The chief executives of the nations two largest Bell companies have come to Capitol Hill twice in two weeks with the self-assurance of individuals confident of sealing their deals.
But their plans to absorb the long-distance industry through the acquisitions of AT&T Corp. and MCI Inc. have begun to attract rumblings of doubt, even among policy-makers.
Ivan Seidenberg, CEO of Verizon Communications Inc., and Ed Whitacre, CEO of SBC Communications Inc., told panels in both the Senate and the House of Representatives that their anticipated consolidation of the telecom industry will not adversely affect competition, maintaining that the Bells do not compete head-to-head very often with AT&T and MCI.
Members of the House bought the argument, with most members on the Committee on Energy and Commerce greeting it last week with hearty praise. (The most notable exception was Rep. Ed Markey, D-Mass.) Senators, on the other hand, appear to want to take a closer look.
“These deals have received … an unusually friendly reception and one that Im not sure is wholly deserved,” Sen. Mike DeWine, R-Ohio, said Tuesday.
“In fact, one might normally expect that mergers worth $23 billion, combining four of the countrys leading phone companies, would raise great concern among those who follow the industry.”
While it may be the case that local and long-distance carriers do not often fight for the same customer in the high-end enterprise market and in the low-end residential market, it is not necessarily so in the vast SMB (small and midsized business) market in between.
Companies with only a local or regional presence often have their choice of at least three major providers—the long-distance carriers and the regional Bell in that territory.
If the acquisitions are approved by regulators, which probably would take at least a year, there is no guarantee that the newly fortified Verizon and SBC will compete with each other.
Midsized businesses could see their choices reduced from three providers to one—and their negotiating leverage eliminated altogether. The nearly decade-long experience of competition spawned by the Telecommunications Act of 1996 demonstrates that the RBOCs (regional Bell operating companies) are not eager to battle in each others territories.
Next Page: Defining the competition.
Defining the Competition
“In light of the failure of the 1996 act to spur effective competition, we should closely scrutinize deals that would put more and more of our telecommunications infrastructure under the control of fewer companies,” said Sen. Patrick Leahy, D-Vt., one of a handful of lawmakers who voted against that act.
Questioning why SBC or Verizon would go head-to-head in the SMB market, Sen. Herbert Kohl, D-Wis., asked why it wouldnt make more business sense for them to leave those accounts to each other. “Why attempt to compete out of your region?” Kohl asked during a hearing of the Judiciary Committee on Tuesday.
Rather than suggest that SBC intends to compete with Verizon once they become the countrys two megacarriers, SBCs Whitacre said that businesses have many other choices for telecom services today, including Cisco Systems Inc. and IBM.

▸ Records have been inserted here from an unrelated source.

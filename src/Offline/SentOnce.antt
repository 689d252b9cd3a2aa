-- ===== src/Offline/SentOnce.antt =====
-- What was sent is not pending any more, so that no later sync sends it by itself again.
use vault_drive.Base.{
  true, false, text_eq, option_eq, String, Option, some, List, [], ◌∷◌, ◌++◌, ◌≡◌, inl, inr, refl,
  sym, ap, ◌∙◌, arith, Outcome, ok, throw, Outcome-cases, Bool-cases, number_eq, is_empty,
}
use vault_drive.Offline.Sync.{
  SyncableOfflineAction, OfflineSyncOutcome, remove, keep, match_offline_sync_results,
  chunk_offline_actions, OutcomeKind, failed, conflict, unknown,
}
use vault_drive.Offline.Queue.{OfflineQueue, update_queue_item}
use vault_drive.Offline.Dashboard.{
  SyncEnvironment, SyncRun, waiting_patch, outcome_patch, both, mark_all, apply_outcome,
  apply_outcomes, send_chunk, sync_chunk, sync_chunks, ready_actions, perform_sync,
}
use vault_drive.Offline.SyncSteps.{SyncResponse-cases}
use vault_drive.Base.{append-nil, append_assoc, All, All-append}
use vault_drive.Offline.Sync.{is_pending, OutcomeKind, conflict, failed, unknown}
use vault_drive.Offline.Chunks.{concat, chunk_offline_actions_requests}
use vault_drive.Offline.Dashboard.{kind_status}
use vault_drive.Offline.Settled.{
  AllSettled, Keeps, AllSettled-Keeps, still_settled, update_queue_item-Keeps,
  update_queue_item-Settled, remove_queue_item-Keeps,
}

both-ok : (a b : Outcome (Unit {0})) → both a b ≡ ok tt → (a ≡ ok tt) × (b ≡ ok tt)
both-ok (ok u) b h = (refl, h)
both-ok (throw e) b h = cc h

kind_status-review : (kind : OutcomeKind) → is_pending (some (kind_status kind)) ≡ false
kind_status-review failed = refl
kind_status-review conflict = refl
kind_status-review unknown = refl

apply_outcome-requests :
    (env : SyncEnvironment) (at : String) (outcome : OfflineSyncOutcome) (run : SyncRun)
    → (apply_outcome env at outcome run).1.requests ≡ run.requests
unfolding apply_outcome
apply_outcome-requests env at (remove id action_id) run = refl
apply_outcome-requests env at (keep id action_id kind error) run = refl

module _ (env : SyncEnvironment) where
  mark_all-Keeps :
      (at : String) (chunk : List SyncableOfflineAction) (q : OfflineQueue)
      → Keeps q (mark_all env at chunk q).1
  unfolding mark_all
  mark_all-Keeps at [] q = λ k s. s
  mark_all-Keeps at (item ∷ chunk) q = λ k s. mark_all-Keeps at chunk _ k (
      update_queue_item-Keeps (env.marking item.id) item.id (waiting_patch at) q
        (some unknown, refl, refl) k s)

  -- When all are marked, all are settled.
  mark_all-Settled :
      (at : String) (chunk : List SyncableOfflineAction) (q : OfflineQueue)
      → (mark_all env at chunk q).0 ≡ ok tt
      → AllSettled (mark_all env at chunk q).1 chunk
  unfolding mark_all
  mark_all-Settled at [] q done = tt
  mark_all-Settled at (item ∷ chunk) q done =
      let q' = (update_queue_item (env.marking item.id) item.id (waiting_patch at) q).1 in
      let (first, rest) = both-ok _ _ done in
      (
        mark_all-Keeps at chunk q' item.id (
            update_queue_item-Settled (env.marking item.id) item.id (waiting_patch at) q
              (some unknown, refl, refl) first),
        mark_all-Settled at chunk q' rest,
      )

  apply_outcome-Keeps :
      (at : String) (outcome : OfflineSyncOutcome) (run : SyncRun)
      → Keeps run.queue (apply_outcome env at outcome run).1.queue
  unfolding apply_outcome
  apply_outcome-Keeps at (remove id action_id) run =
      remove_queue_item-Keeps (env.settling id) id run.queue
  apply_outcome-Keeps at (keep id action_id kind error) run =
      update_queue_item-Keeps (env.settling id) id (outcome_patch kind error at) run.queue
        (some (kind_status kind), refl, kind_status-review kind)

  apply_outcomes-Keeps :
      (at : String) (outcomes : List OfflineSyncOutcome) (run : SyncRun)
      → Keeps run.queue (apply_outcomes env at outcomes run).1.queue
        × ((apply_outcomes env at outcomes run).1.requests ≡ run.requests)
  unfolding apply_outcomes
  apply_outcomes-Keeps at [] run = (λ k s. s, refl)
  apply_outcomes-Keeps at (o ∷ outcomes) run =
      let first = apply_outcome-Keeps at o run in
      let same = apply_outcome-requests env at o run in
      let (rest, same') = apply_outcomes-Keeps at outcomes (apply_outcome env at o run).1 in
      elim (Outcome-cases (apply_outcome env at o run).0) [
        | inl (e, fails) ↦ rw (apply_outcomes, fails) (first, same)
        | inr (u, goes) ↦ rw (apply_outcomes, goes) (λ k s. rest k (first k s), same' ∙ same)
      ]

  -- A request is logged, and what was settled stays so.
  send_chunk-Keeps :
      (chunk : List SyncableOfflineAction) (run : SyncRun)
      → Keeps run.queue (send_chunk env chunk run).1.queue
        × ((send_chunk env chunk run).1.requests ≡ run.requests ++ chunk ∷ [])
  unfolding send_chunk
  send_chunk-Keeps chunk run = elim (SyncResponse-cases (env.respond chunk)) [
    | inl (e, fails) ↦ rw (send_chunk, fails) (λ k s. s, refl)
    | inr (inl (status, fails)) ↦ rw (send_chunk, fails) (λ k s. s, refl)
    | inr (inr (inl fails)) ↦ rw (send_chunk, fails) (λ k s. s, refl)
    | inr (inr (inr (rs, answered))) ↦
        rw (send_chunk, answered)
          (apply_outcomes-Keeps (env.attempted_at chunk) (match_offline_sync_results chunk rs) _)
  ]

  -- All that is in the log is settled.
  abbrev pub SentSettled : SyncRun → Type 0
  SentSettled run = All (AllSettled run.queue) run.requests

  sync_chunk-SentSettled :
      (chunk : List SyncableOfflineAction) (run : SyncRun)
      → SentSettled run
      → SentSettled (sync_chunk env chunk run).1
        × ((sync_chunk env chunk run).0 ≡ ok tt
            → (sync_chunk env chunk run).1.requests ≡ run.requests ++ chunk ∷ [])
  unfolding sync_chunk
  sync_chunk-SentSettled chunk run h =
      let at = env.attempted_at chunk in
      let q' = (mark_all env at chunk run.queue).1 in
      let before : All (AllSettled q') run.requests =
        still_settled run.queue q' run.requests (mark_all-Keeps at chunk run.queue) h in
      elim (Outcome-cases (mark_all env at chunk run.queue).0) [
        | inl (e, fails) ↦ rw (sync_chunk, fails) (before, λ d. cc d)
        | inr (u, goes) ↦
            let marked : SyncRun = record run { queue = q' } in
            let (keeps, logged) = send_chunk-Keeps chunk marked in
            let q'' = (send_chunk env chunk marked).1.queue in
            rw (sync_chunk, goes)
              (
                rw logged (
                    All-append (AllSettled q'') run.requests (chunk ∷ [])
                      (still_settled q' q'' run.requests keeps before)
                      (
                        AllSettled-Keeps q' q'' chunk keeps
                            (mark_all-Settled at chunk run.queue goes),
                        tt,
                      )),
                λ d. logged,
              )
      ]

  sync_chunks-SentSettled :
      (chunks : List (List SyncableOfflineAction)) (run : SyncRun)
      → SentSettled run
      → SentSettled (sync_chunks env chunks run).1
        × ((sync_chunks env chunks run).0 ≡ ok tt
            → (sync_chunks env chunks run).1.requests ≡ run.requests ++ chunks)
  unfolding sync_chunks
  sync_chunks-SentSettled [] run h = (h, λ d. sym (append-nil run.requests))
  sync_chunks-SentSettled (chunk ∷ chunks) run h =
      let (first, logged) = sync_chunk-SentSettled chunk run h in
      let run' = (sync_chunk env chunk run).1 in
      let (rest, logged') = sync_chunks-SentSettled chunks run' first in
      elim (Outcome-cases (sync_chunk env chunk run).0) [
        | inl (e, fails) ↦ rw (sync_chunks, fails) (first, λ d. cc d)
        | inr (u, goes) ↦
            rw (sync_chunks, goes)
              (
                rest,
                λ d.
                    logged' d
                    ∙ ap (λ l. l ++ chunks) (logged goes)
                    ∙ append_assoc run.requests (chunk ∷ []) chunks,
              )
      ]

-- After a sync, whether it succeeds or not, no action of a request that was sent is pending in the
-- store, so that none is sent again by itself; and one that succeeds has sent every ready action.
pub perform_sync-SentSettled :
    (env : SyncEnvironment) (owner : Option String) (reading : Outcome (Unit {0}))
    (q : OfflineQueue)
    → SentSettled env (perform_sync env owner reading q).1
      × ((perform_sync env owner reading q).0 ≡ ok tt
          → concat (perform_sync env owner reading q).1.requests ≡ ready_actions owner q)
unfolding perform_sync
perform_sync-SentSettled env owner (throw e) q = (tt, λ d. cc d)
perform_sync-SentSettled env owner (ok u) q = elim (Bool-cases (is_empty (ready_actions owner q))) [
  | inl nothing ↦
      rw (perform_sync, nothing) (tt, λ d. sym (none_ready (ready_actions owner q) nothing))
  | inr something ↦
      let ready = ready_actions owner q in
      let chunks = chunk_offline_actions env.json_bytes 100 900_000 ready in
      let (settled, logged) =
        sync_chunks-SentSettled env chunks (record { queue = q; requests = []; success_count = 0 })
          tt in
      let all_sent =
        (chunk_offline_actions_requests env.json_bytes 100 900_000 ready (omega arith)).0 in
      rw (perform_sync, something) (settled, λ d. ap concat (logged d) ∙ all_sent)
]
  where
    none_ready : (l : List SyncableOfflineAction) → is_empty l ≡ true → l ≡ []
    none_ready [] h = refl
    none_ready (a ∷ l) h = cc h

“The competition in that space is not three. You can go on and on,” he said, not mentioning that neither Cisco nor IBM operates its own network facilities, necessitating that they contract with service providers such as AT&T and MCI.
Verizons Seidenberg added that small businesses can procure service from cable companies and wireless providers, but that assertion did not go unchallenged. For businesses that require ubiquitous, reliable telephone service—which most businesses do—wireless does not deliver an adequate quality of service today, and cable facilities pass through relatively few business districts.
“Wireline, wireless, cable—these services are inherently different, much like trains, planes and automobiles, all of which provide a similar service, but in different ways, with different pluses and minuses,” DeWine said. “Not all will always provide sufficient competitive benefits for all consumers.”
Broaching the subject of conditions that regulators could place on the acquisitions, DeWine addressed another argument made by the Bells—that VOIP (voice-over-IP) services present an additional source of competition.
VOIP “is a type of service that is only available to the consumer if he or she has broadband access, and currently that access is only available from the phone company or the cable company,” DeWine said. “In order for voice over IP to be a legitimate competitor to the merged companies, must we require the phone companies to sell DSL separately?”
Kohl listed several other possible merger conditions, and asked Seidenberg and Whitacre if they would agree to them. They would not.
Would they agree not to block anyone elses traffic?
“We would have no reason to block anyone elses traffic,” Seidenberg said, asserting that he knew of no cases of blocking Internet traffic.
Would they agree to stop lobbying around the country to prevent cities from building their own wireless systems?
“Those governing bodies regulate us, and at the same time theyre competing with us,” Whitacre said. “That makes no sense.”